Top of Input material
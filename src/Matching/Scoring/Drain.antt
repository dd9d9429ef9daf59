-- ===== src/Matching/Scoring/Drain.antt =====
-- The drain of the scoring queue ends, and leaves nothing queued.
use internship_pilot.Prelude.{
  ℕ, zero, suc, ◌≤◌, ◌<◌, ◌≡◌, refl, sym, ap, subst, ◌∙◌, arith, true, false, not, List, [], ◌∷◌,
  String, str_eq, eq_iff, length, keep, includes, Bool-cases, inl, inr,
}
use internship_pilot.Database.{Table}
use internship_pilot.Program.{Program, Result, ok, return, bind-ok}
use internship_pilot.Matching.Scoring.{
  JobRow, Store, Scorer, score_next_queued_job, counted, drain_scoring_queue,
}
use internship_pilot.Matching.Scoring.Round.{
  queued_row, waits_of_queued, KeepsStates, waits_at, IsEnded, score_next_queued_job-Progress,
}

abbrev without : String → List String → List String
without id ids = keep (λ j. not (str_eq j id)) ids

without_shorter : (id : String) (ids : List String) → length (without id ids) ≤ length ids
without_shorter id [] = omega arith
without_shorter id (j ∷ ids) = ground (arith, without_shorter id ids)

without_fewer :
    (id : String) (ids : List String)
    → includes ids id ≡ true
    → length (without id ids) < length ids
without_fewer id [] h = cc
without_fewer id (j ∷ ids) h = ground (arith, without_shorter id ids, without_fewer id ids)

includes-without :
    (id : String) (ids : List String) (j : String)
    → str_eq j id ≡ false
    → includes ids j ≡ true
    → includes (without id ids) j ≡ true
includes-without id [] j d h = h
includes-without id (i ∷ ids) j d h =
    ground (arith, includes-without id ids j d, eq_iff i id, eq_iff j id, eq_iff i j)

module _ (J : Table JobRow) (scorer : Scorer J) (keeps : KeepsStates J scorer) where
  -- Every job that waits is in the list.
  abbrev pub Covers : List String → Store J → Type 0
  Covers ids s = (k : String) → waits_at J scorer k s ≡ true → includes ids k ≡ true

  Covers-without :
      (id : String) (ids : List String) (s u : Store J)
      → IsEnded J scorer id s u
      → Covers ids s
      → Covers (without id ids) u
  Covers-without id ids s u (w, rest) h k now =
      let here = rest k in
      elim (Bool-cases (str_eq k id)) [
        | inl y ↦ let gone = rw y at here in cc
        | inr n ↦ includes-without id ids k n (h k (sym (rw n at here) ∙ now))
      ]

  -- The drain counted at most so many jobs, and nothing is queued.
  abbrev pub IsDrained : ℕ → Result ℕ × Store J → Type 0
  IsDrained bound r =
      (n : ℕ) × (r.0 ≡ ok n)
      × (n ≤ bound)
      × ((k : String) → queued_row (J.find_unique k r.1.jobs) ≡ false)

  none_waits :
      (s : Store J) (k : String) → Covers [] s → queued_row (J.find_unique k s.jobs) ≡ false
  none_waits s k h = elim (Bool-cases (queued_row (J.find_unique k s.jobs))) [
    | inl y ↦ let waits = h k (waits_of_queued (J.find_unique k s.jobs) y) in cc
    | inr n ↦ n
  ]

  counted-IsDrained :
      (rest : Program (Store J) ℕ) (small bound : ℕ) (t : Store J)
      → small < bound
      → IsDrained small (rest t)
      → IsDrained bound (counted J rest true t)
  counted-IsDrained rest small bound t l (n, p, b, empty) =
      let step = bind-ok rest (λ n. return (suc n)) t n (rest t).1 (ap (λ r. (r, (rest t).1)) p) in
      subst (IsDrained bound) (sym step) (suc n, refl, omega arith, empty)

  -- For a scorer that leaves every job in place and in its scoring state (`KeepsStates`), whether it
  -- returns or throws: if the drain may take as many turns as there are jobs that wait to be scored,
  -- it ends without failing, counts at most that many jobs, and leaves no job in the queue.
  pub drain_scoring_queue-IsDrained :
      (clock : ℕ → ℕ) (turn : ℕ) (user : String) (max_jobs : ℕ) (ids : List String) (s : Store J)
      → length ids ≤ max_jobs
      → Covers ids s
      → IsDrained (length ids) (drain_scoring_queue J scorer clock turn user max_jobs s)
  unfolding drain_scoring_queue
  drain_scoring_queue-IsDrained clock turn user zero [] s l h =
      (0, refl, omega arith, λ k. none_waits s k h)
  drain_scoring_queue-IsDrained clock turn user zero (i ∷ ids) s l h = absurd (omega arith)
  drain_scoring_queue-IsDrained clock turn user (suc max_jobs) ids s l h =
      let m = score_next_queued_job J scorer (clock turn) user in
      let rest = drain_scoring_queue J scorer clock (suc turn) user max_jobs in
      let t = (m s).1 in
      elim (score_next_queued_job-Progress J scorer keeps (clock turn) user s) [
        | inl (p, empty, same) ↦
            subst (IsDrained (length ids))
              (sym (bind-ok m (counted J rest) s false t (ap (λ r. (r, t)) p)))
              (0, refl, omega arith, empty)
        | inr (p, id, ended) ↦
            let fewer = without_fewer id ids (h id ended.0) in
            subst (IsDrained (length ids))
              (sym (bind-ok m (counted J rest) s true t (ap (λ r. (r, t)) p)))
              (counted-IsDrained rest (length (without id ids)) (length ids) t fewer (
                drain_scoring_queue-IsDrained clock (suc turn) user max_jobs (without id ids) t
                  (omega arith) (Covers-without id ids s t ended h)))
      ]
Bottom of Input material
## [What the exercise asks]
Retype, exactly as written, each line from the one that has "(clock : ℕ →" to the bottom of the entries above, and include both of those lines.

## [Written answer]
      (clock : ℕ → ℕ) (turn : ℕ) (user : String) (max_jobs : ℕ) (ids : List String) (s : Store J)
      → length ids ≤ max_jobs
      → Covers ids s
      → IsDrained (length ids) (drain_scoring_queue J scorer clock turn user max_jobs s)
  unfolding drain_scoring_queue
  drain_scoring_queue-IsDrained clock turn user zero [] s l h =
      (0, refl, omega arith, λ k. none_waits s k h)
  drain_scoring_queue-IsDrained clock turn user zero (i ∷ ids) s l h = absurd (omega arith)
  drain_scoring_queue-IsDrained clock turn user (suc max_jobs) ids s l h =
      let m = score_next_queued_job J scorer (clock turn) user in
      let rest = drain_scoring_queue J scorer clock (suc turn) user max_jobs in
      let t = (m s).1 in
      elim (score_next_queued_job-Progress J scorer keeps (clock turn) user s) [
        | inl (p, empty, same) ↦
            subst (IsDrained (length ids))
              (sym (bind-ok m (counted J rest) s false t (ap (λ r. (r, t)) p)))
              (0, refl, omega arith, empty)
        | inr (p, id, ended) ↦
            let fewer = without_fewer id ids (h id ended.0) in
            subst (IsDrained (length ids))
              (sym (bind-ok m (counted J rest) s true t (ap (λ r. (r, t)) p)))
              (counted-IsDrained rest (length (without id ids)) (length ids) t fewer (
                drain_scoring_queue-IsDrained clock (suc turn) user max_jobs (without id ids) t
                  (omega arith) (Covers-without id ids s t ended h)))
      ]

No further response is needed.